*EXERCISE*
Your answer should repeat every line of the records below in which the word "narrow" appears.

*DATA FOR ANALYSIS*
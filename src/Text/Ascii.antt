-- ===== src/Text/Ascii.antt =====
-- The ASCII part of the Unicode tables, as test data.
use ws_fabric.Prelude.{ℕ, ◌≤◌, ◌≡◌, refl, arith, leb, ◌==◌, Bool, true, false, ◌&&◌, ◌||◌, map}
use ws_fabric.Text.{Unicode, ascii_lower}

abbrev is_upper : ℕ → Bool
is_upper c = leb 65 c && leb c 90

abbrev is_letter_or_digit : ℕ → Bool
is_letter_or_digit c = is_upper c || (leb 97 c && leb c 122 || (leb 48 c && leb c 57))

abbrev is_space : ℕ → Bool
is_space c = c == 32 || (leb 9 c && leb c 13)

pub no_space : (c : ℕ) → is_letter_or_digit c ≡ true → is_space c ≡ false
no_space c h = ground arith

pub no_control : (c : ℕ) → is_letter_or_digit c ≡ true → (32 ≤ c) × (c ≡ 127 → ⊥)
no_control c h = (ground arith, λ e. ground arith)

abbrev pub ascii : Unicode
ascii = record {
  is_alphanumeric = is_letter_or_digit;
  is_whitespace = is_space;
  to_lowercase = λ s. map ascii_lower s;
  alphanumeric_no_space = no_space;
  alphanumeric_no_control = no_control;
  to_lowercase_ascii = λ s plain. refl;
  comma_no_alphanumeric = refl;
  space_is_space = refl;
  hyphen_no_space = refl;
  underscore_no_space = refl;
}
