-- ===== src/Compression/Tests.antt =====
-- src/compression.rs: a message of zeros through a code that counts them, and an offer.
use ws_fabric.Prelude.{
  ℕ, ◌≡◌, refl, ap, ◌∙◌, sym, Bool, true, [], ◌∷◌, Option, none, some, arith, inl, inr, length,
  replicate, all, ◌==◌, if◌then◌else◌, Bool-cases,
}
use ws_fabric.Message.{Bytes}
use ws_fabric.Error.{ok}
use ws_fabric.Text.Ascii.{ascii}
use ws_fabric.Compression.{CompressionConfig, default, with_threshold}
use ws_fabric.Compression.Handshake.{compression_offer, parse_compression_response}
use ws_fabric.Compression.Handshake.Regexes.{from_left}
use ws_fabric.Compression.Handshake.RoundTrip.{parse_compression_response-compression_offer}
use ws_fabric.Compression.Codec.{
  Zlib, Compressor, no_stats, new_decompressor, compress, Compresses, compress-decompress,
}

abbrev are_zeros : Bytes → Bool
are_zeros b = all (λ c. c == 0) b

abbrev count_zeros : Bytes → Option Bytes
count_zeros b = if are_zeros b then some (length b ∷ []) else none

abbrev write_zeros : Bytes → Option Bytes
write_zeros (n ∷ []) = some (replicate n 0)
write_zeros _ = none

zeros_again : (b : Bytes) → are_zeros b ≡ true → replicate (length b) 0 ≡ b
zeros_again [] e = refl
zeros_again (c ∷ b) e =
    let first : 0 ≡ c = ground (arith, e) in
    let rest : are_zeros b ≡ true = ground (arith, e) in
    ap (◌∷◌ 0) (zeros_again b rest) ∙ ap (λ d. d ∷ b) first

pub write_zeros-count_zeros :
    (level : ℕ) (b out : Bytes) → count_zeros b ≡ some out → write_zeros out ≡ some b
write_zeros-count_zeros level b out e = elim (Bool-cases (are_zeros b)) [
  | inl zeros ↦
      let counted : length b ∷ [] ≡ out = cc (rw zeros at e) in
      ap write_zeros (sym counted) ∙ ap some (zeros_again b zeros)
  | inr others ↦ absurd (cc (rw others at e))
]

abbrev counting : Zlib
counting = record {
  encode = λ level b. count_zeros b;
  decode = write_zeros;
  decode-encode = write_zeros-count_zeros;
}

abbrev compressor : Compressor
compressor = record { config = with_threshold 2 default; stats = no_stats }

compress-decompress_example :
    Compresses counting
      (0 ∷ 0 ∷ 0 ∷ [])
      compressor
      new_decompressor
      (compress counting (0 ∷ 0 ∷ 0 ∷ []) compressor).0
compress-decompress_example =
    compress-decompress counting (0 ∷ 0 ∷ 0 ∷ []) compressor new_decompressor refl

abbrev narrow : CompressionConfig
narrow = record default { server_max_window_bits = 9; client_no_context_takeover = true }

parse_compression_response-compression_offer_example :
    parse_compression_response ascii from_left (compression_offer narrow) ≡ ok narrow
parse_compression_response-compression_offer_example =
    parse_compression_response-compression_offer ascii from_left narrow (record {
      level = omega arith;
      server = (omega arith, omega arith);
      client = (omega arith, omega arith);
    })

*SOLUTION*
abbrev narrow : CompressionConfig
narrow = record default { server_max_window_bits = 9; client_no_context_takeover = true }
    parse_compression_response ascii from_left (compression_offer narrow) ≡ ok narrow
    parse_compression_response-compression_offer ascii from_left narrow (record {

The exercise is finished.